**ASSIGNMENT**
Restate verbatim the span of lines below between the line with "in_band v (err e) = err (undecoded e)" and the line with "probed v (err e) = ok false", including those two lines, and only that span.
--------
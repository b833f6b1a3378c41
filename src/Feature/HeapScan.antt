-- ===== src/Feature/HeapScan.antt =====
-- The heap-scan locator of crates/runtime/src/feature.rs: the candidates of a 64-bit needle that
-- pass all validators, of which there must be one. The scan of the heap is the process's own, so
-- its hits are a parameter; what the validators need of floats is `Floats`.
use openforge_aio.Prelude.{
  ℕ, Bool, true, false, ◌&&◌, ◌||◌, Option, none, some, List, [], ◌∷◌, if◌then◌else◌,
}
use openforge_aio.Prelude.Int.{ℤ, pos}
use openforge_aio.Prelude.Result.{Result, ok, err, ◌>>=◌}
use openforge_aio.Value.{Value, ValueKind, ValueError, size, from_le_bytes}
use openforge_aio.Scan.{Double}
use openforge_aio.Ctx.{Ctx, Error}
use openforge_aio.Ctx.Resolve.{wrapping_add}
use openforge_aio.Manifest.{is_some}
use openforge_aio.Signature.{HeapScanSpec, HeapValidatorSpec, all_validators}

pub record Floats (d : Double) : Type 0 where
  pub is_nan : d.F64 → Bool
  pub of_int : ℤ → d.F64
  -- Of bit patterns.
  pub of_f32 : ℕ → d.F64
  pub of_f64 : ℕ → d.F64

pub data HeapScanError : Type 0 where
  bad_value_type : ValueKind → HeapScanError
  scan_failed : Error → HeapScanError
  no_match all_failed : HeapScanError
  ambiguous : List ℕ → HeapScanError
  undecoded : ValueError → HeapScanError

module _ (d : Double) (fl : Floats d) where
  unfoldable pub as_f64 : Value → d.F64
  as_f64 (Value.bool b) = fl.of_int (if b then pos 1 else pos 0)
  as_f64 (Value.u8 v) = fl.of_int (pos v)
  as_f64 (Value.u16 v) = fl.of_int (pos v)
  as_f64 (Value.u32 v) = fl.of_int (pos v)
  as_f64 (Value.u64 v) = fl.of_int (pos v)
  as_f64 (Value.i8 v) = fl.of_int v
  as_f64 (Value.i16 v) = fl.of_int v
  as_f64 (Value.i32 v) = fl.of_int v
  as_f64 (Value.i64 v) = fl.of_int v
  as_f64 (Value.f32 v) = fl.of_f32 v
  as_f64 (Value.f64 v) = fl.of_f64 v

  abbrev pub below : d.F64 → Option ℕ → Bool
  below value none = false
  below value (some min) = d.gt (fl.of_f64 min) value

  abbrev pub above : d.F64 → Option ℕ → Bool
  above value none = false
  above value (some max) = d.gt value (fl.of_f64 max)

  unfoldable pub band_contains : d.F64 → Option ℕ → Option ℕ → Bool
  band_contains value min max =
      if (is_some min || is_some max) && fl.is_nan value
      then false
      else if below value min
      then false
      else if above value max
      then false
      else true

  abbrev pub in_band : HeapValidatorSpec → Result ValueError Value → Result HeapScanError Bool
  in_band v (err e) = err (undecoded e)
  in_band v (ok value) = ok (band_contains (as_f64 value) v.min v.max)

  abbrev pub probed : HeapValidatorSpec → Result Error (List ℕ) → Result HeapScanError Bool
  probed v (err e) = ok false
  probed v (ok buf) = in_band v (from_le_bytes v.field_type buf)

  module _ (ctx : Ctx) (p : ctx.Proc) where
    unfoldable pub validator_passes : ℕ → HeapValidatorSpec → Result HeapScanError Bool
    unfolding from_le_bytes as_f64 band_contains
    validator_passes candidate v =
        probed v (ctx.read_bytes p (wrapping_add candidate v.relative_offset) (size v.field_type))

    abbrev pub and_then :
        Result HeapScanError Bool → Result HeapScanError Bool → Result HeapScanError Bool
    and_then (err e) rest = err e
    and_then (ok false) rest = ok false
    and_then (ok true) rest = rest

    -- The loop over the validators, which ends at the first that fails.
    unfoldable pub all_pass : ℕ → List HeapValidatorSpec → Result HeapScanError Bool
    all_pass candidate [] = ok true
    all_pass candidate (v ∷ vs) = and_then (validator_passes candidate v) (all_pass candidate vs)

    abbrev pub kept :
        ℕ
        → Result HeapScanError Bool
        → Result HeapScanError (List ℕ)
        → Result HeapScanError (List ℕ)
    kept candidate (err e) rest = err e
    kept candidate (ok false) rest = rest
    kept candidate (ok true) (err e) = err e
    kept candidate (ok true) (ok rest) = ok (candidate ∷ rest)

    unfoldable pub survivors : ℤ → List HeapValidatorSpec → List ℕ → Result HeapScanError (List ℕ)
    survivors field_offset vs [] = ok []
    survivors field_offset vs (m ∷ hits) =
        kept (wrapping_add m field_offset) (all_pass (wrapping_add m field_offset) vs)
          (survivors field_offset vs hits)

    -- The `match survivors.len()`.
    abbrev pub verdict : List ℕ → Result HeapScanError ℕ
    verdict [] = err all_failed
    verdict (a ∷ []) = ok a
    verdict (a ∷ b ∷ rest) = err (ambiguous (a ∷ b ∷ rest))

    abbrev pub is_64_bit : ValueKind → Bool
    is_64_bit ValueKind.i64 = true
    is_64_bit ValueKind.u64 = true
    is_64_bit k = false

    abbrev pub bound : HeapScanSpec → Result Error (List ℕ) → Result HeapScanError ℕ
    bound hs (err e) = err (scan_failed e)
    bound hs (ok []) = err no_match
    bound hs (ok (m ∷ hits)) = do
      found ← survivors hs.field_offset (all_validators hs) (m ∷ hits)
      verdict found

    unfoldable pub resolve_via_heap_scan :
        HeapScanSpec → Result Error (List ℕ) → Result HeapScanError ℕ
    unfolding survivors all_pass all_validators
    resolve_via_heap_scan hs hits =
        if is_64_bit hs.value_type then bound hs hits else err (bad_value_type hs.value_type)
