-- ===== src/Feature/Unique.antt =====
-- Which address the heap-scan locator of crates/runtime/src/feature.rs binds.
use openforge_aio.Prelude.{
  ℕ, ◌≤◌, ◌≡◌, refl, ap, ◌∙◌, subst, Bool, true, false, Option, none, some, List, [], ◌∷◌, length,
  take, ltb, arith, Bool-cases, inl, inr, ◌⊎◌, ◌↔◌, All,
}
use openforge_aio.Prelude.Result.{Result, ok, err, Result-cases}
use openforge_aio.Value.{ValueKind, Value, size, from_le_bytes, decode}
use openforge_aio.Memory.Bytes.{length-slice}
use openforge_aio.Scan.{Double}
use openforge_aio.Ctx.{Ctx, CtxLaws}
use openforge_aio.Ctx.Resolve.{wrapping_add}
use openforge_aio.Signature.{HeapScanSpec, HeapValidatorSpec, all_validators}
use openforge_aio.Feature.HeapScan.{
  Floats, HeapScanError, all_failed, ambiguous, as_f64, band_contains, validator_passes, all_pass,
  survivors, verdict, is_64_bit, resolve_via_heap_scan,
}

decodes :
    (k : ValueKind) (buf : List ℕ)
    → length buf ≡ size k
    → (value : Value) × (from_le_bytes k buf ≡ ok value)
unfolding from_le_bytes
decodes k buf long =
    let enough : ltb (length buf) (size k) ≡ false = ground (arith, long) in
    (decode k (take (size k) buf), rw enough refl)

ok_eq : {b : Bool} → ◌≡◌ {A = Result HeapScanError Bool} (ok b) (ok true) → b ≡ true
ok_eq h = cc h

module _ (d : Double) (fl : Floats d) (ctx : Ctx) (laws : CtxLaws ctx) (p : ctx.Proc) where
  validator_decides :
      (candidate : ℕ) (v : HeapValidatorSpec)
      → (b : Bool) × (validator_passes d fl ctx p candidate v ≡ ok b)
  unfolding validator_passes
  validator_decides candidate v =
      let addr = wrapping_add candidate v.relative_offset in
      elim (Result-cases (ctx.read_bytes p addr (size v.field_type))) [
        | inr (e, unread) ↦ (false, rw unread refl)
        | inl (buf, read) ↦
            let long : length buf ≡ size v.field_type =
              ap length (laws.read_lem p addr (size v.field_type) buf read)
              ∙ length-slice (ctx.view p) addr (size v.field_type) in
            let (value, read_as) = decodes v.field_type buf long in
            (band_contains d fl (as_f64 d fl value) v.min v.max, rw (read, read_as) refl)
      ]

  -- A bound that is given is kept, and a value with a bound is a number.
  abbrev pub NotBelow : d.F64 → Option ℕ → Type 0
  NotBelow x none = Unit
  NotBelow x (some min) = d.gt (fl.of_f64 min) x ≡ false

  abbrev pub NotAbove : d.F64 → Option ℕ → Type 0
  NotAbove x none = Unit
  NotAbove x (some max) = d.gt x (fl.of_f64 max) ≡ false

  abbrev pub IsNumber : d.F64 → Option ℕ → Option ℕ → Type 0
  IsNumber x none none = Unit
  IsNumber x none (some max) = fl.is_nan x ≡ false
  IsNumber x (some min) max = fl.is_nan x ≡ false

  -- The field that the validator looks at can be read, and its value lies in the band.
  abbrev pub Accepts : ℕ → HeapValidatorSpec → Type 0
  Accepts candidate v =
      (buf : List ℕ) × (value : Value) × (ctx.read_bytes p
          (wrapping_add candidate v.relative_offset) (size v.field_type)
        ≡ ok buf)
      × (from_le_bytes v.field_type buf ≡ ok value)
      × IsNumber (as_f64 d fl value) v.min v.max
      × NotBelow (as_f64 d fl value) v.min
      × NotAbove (as_f64 d fl value) v.max

  band_contains_iff :
      (x : d.F64) (min max : Option ℕ)
      → (band_contains d fl x min max ≡ true)
        ↔ (IsNumber x min max × NotBelow x min × NotAbove x max)
  unfolding band_contains
  band_contains_iff x none none = (λ h. (tt, tt, tt), λ h. refl)
  band_contains_iff x none (some max) =
      (λ h. (ground (arith, h), tt, ground (arith, h)), λ (n, l, u). ground (arith, n, u))
  band_contains_iff x (some min) none =
      (λ h. (ground (arith, h), ground (arith, h), tt), λ (n, l, u). ground (arith, n, l))
  band_contains_iff x (some min) (some max) = (
    λ h. (ground (arith, h), ground (arith, h), ground (arith, h)),
    λ (n, l, u). ground (arith, n, l, u),
  )

  validator_passes_iff :
      (candidate : ℕ) (v : HeapValidatorSpec)
      → (validator_passes d fl ctx p candidate v ≡ ok true) ↔ Accepts candidate v
  unfolding validator_passes
  validator_passes_iff candidate v =
      let addr = wrapping_add candidate v.relative_offset in
      elim (Result-cases (ctx.read_bytes p addr (size v.field_type))) [
        | inr (e, unread) ↦ (
          λ h. absurd (cc (rw unread at h)),
          λ (buf, value, read, seen, n, l, u). absurd (cc (unread, read)),
        )
        | inl (buf, read) ↦
            let long : length buf ≡ size v.field_type =
              ap length (laws.read_lem p addr (size v.field_type) buf read)
              ∙ length-slice (ctx.view p) addr (size v.field_type) in
            let (value, read_as) = decodes v.field_type buf long in
            let band = band_contains_iff (as_f64 d fl value) v.min v.max in
            (
              λ h.
                  let (n, l, u) = band.0 (ok_eq (rw (read, read_as) at h)) in
                  (buf, value, read, read_as, n, l, u),
              λ (buf', value', read', seen, n, l, u).
                  let same : buf' ≡ buf = cc (read, read') in
                  let alike : value' ≡ value = cc (same, seen, read_as) in
                  let InBand : Value → Type 0 = λ w.
                    IsNumber (as_f64 d fl w) v.min v.max
                    × NotBelow (as_f64 d fl w) v.min
                    × NotAbove (as_f64 d fl w) v.max in
                  rw (read, read_as) (ap ok (band.1 (subst InBand alike (n, l, u)))),
            )
      ]

  all_pass-decides :
      (candidate : ℕ) (vs : List HeapValidatorSpec)
      → (b : Bool) × (all_pass d fl ctx p candidate vs ≡ ok b)
  unfolding all_pass
  all_pass-decides candidate [] = (true, refl)
  all_pass-decides candidate (v ∷ vs) =
      let (b, first) = validator_decides candidate v in
      elim (Bool-cases b) [
        | inr fails ↦ (false, rw (first, fails) refl)
        | inl passes ↦ let (c, rest) = all_pass-decides candidate vs in (c, rw (first, passes) rest)
      ]

  all_pass_iff :
      (candidate : ℕ) (vs : List HeapValidatorSpec)
      → (all_pass d fl ctx p candidate vs ≡ ok true) ↔ All (Accepts candidate) vs
  unfolding all_pass
  all_pass_iff candidate [] = (λ h. tt, λ h. refl)
  all_pass_iff candidate (v ∷ vs) =
      let one = validator_passes_iff candidate v in
      let rest = all_pass_iff candidate vs in
      let (b, first) = validator_decides candidate v in
      elim (Bool-cases b) [
        | inr fails ↦ (
          λ h. absurd (cc (rw (first, fails) at h)),
          λ h. let passes = one.1 h.0 in absurd (cc (passes, first, fails)),
        )
        | inl passes ↦
            let good : validator_passes d fl ctx p candidate v ≡ ok true = first ∙ ap ok passes in
            (λ h. (one.0 good, rest.0 (rw good at h)), λ h. rw good (rest.1 h.1))
      ]

  -- All validators accept the candidate of a hit.
  abbrev pub Passes : HeapScanSpec → ℕ → Type 0
  Passes hs m = All (Accepts (wrapping_add m hs.field_offset)) (all_validators hs)

  -- The candidates of the hits that pass, each hit in its turn.
  abbrev pub Kept : HeapScanSpec → List ℕ → List ℕ → Type 0
  Kept hs [] found = found ≡ []
  Kept hs (m ∷ hits) found =
      (Passes hs m
        × (rest : List ℕ) × (found ≡ wrapping_add m hs.field_offset ∷ rest)
        × Kept hs hits rest)
      ⊎ ((¬ Passes hs m) × Kept hs hits found)

  -- What is bound, or why nothing is.
  abbrev pub Verdict : HeapScanSpec → List ℕ → Result HeapScanError ℕ → Type 0
  Verdict hs hits (ok a) = Kept hs hits (a ∷ [])
  Verdict hs hits (err all_failed) = Kept hs hits []
  Verdict hs hits (err (ambiguous found)) = Kept hs hits found × (2 ≤ length found)
  Verdict hs hits (err e) = ⊥

  survivors-Kept :
      (hs : HeapScanSpec) (hits : List ℕ)
      → (found : List ℕ) × (survivors d fl ctx p hs.field_offset (all_validators hs) hits
          ≡ ok found)
        × Kept hs hits found
  unfolding survivors
  survivors-Kept hs [] = ([], refl, refl)
  survivors-Kept hs (m ∷ hits) =
      let candidate = wrapping_add m hs.field_offset in
      let (rest, ran, law) = survivors-Kept hs hits in
      let (b, decided) = all_pass-decides candidate (all_validators hs) in
      let passing = all_pass_iff candidate (all_validators hs) in
      elim (Bool-cases b) [
        | inl passes ↦
            let good : all_pass d fl ctx p candidate (all_validators hs) ≡ ok true =
              decided ∙ ap ok passes in
            (candidate ∷ rest, rw (good, ran) refl, inl (passing.0 good, rest, refl, law))
        | inr fails ↦
            let bad : all_pass d fl ctx p candidate (all_validators hs) ≡ ok false =
              decided ∙ ap ok fails in
            (rest, rw (bad, ran) refl, inr (λ h. let good = passing.1 h in cc (bad, good), law))
      ]

  Kept-Verdict :
      (hs : HeapScanSpec) (hits found : List ℕ)
      → Kept hs hits found
      → Verdict hs hits (verdict d fl ctx p found)
  Kept-Verdict hs hits [] h = h
  Kept-Verdict hs hits (a ∷ []) h = h
  Kept-Verdict hs hits (a ∷ b ∷ found) h = (h, omega arith)

  -- A scan for a 64-bit value with at least one hit binds the candidate of the only hit that all
  -- validators accept. It is refused as failed when they accept no hit, and as ambiguous, with all
  -- those candidates in order, when they accept several; no other error occurs.
  pub resolve_via_heap_scan-Verdict :
      (hs : HeapScanSpec) (m : ℕ) (hits : List ℕ)
      → is_64_bit d fl ctx p hs.value_type ≡ true
      → Verdict hs (m ∷ hits) (resolve_via_heap_scan d fl ctx p hs (ok (m ∷ hits)))
  unfolding resolve_via_heap_scan
  resolve_via_heap_scan-Verdict hs m hits wide =
      let (found, ran, law) = survivors-Kept hs (m ∷ hits) in
      rw (wide, ran) (Kept-Verdict hs (m ∷ hits) found law)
--------
**THE COMPLETED TASK**
  in_band v (err e) = err (undecoded e)
  in_band v (ok value) = ok (band_contains (as_f64 value) v.min v.max)

  abbrev pub probed : HeapValidatorSpec → Result Error (List ℕ) → Result HeapScanError Bool
  probed v (err e) = ok false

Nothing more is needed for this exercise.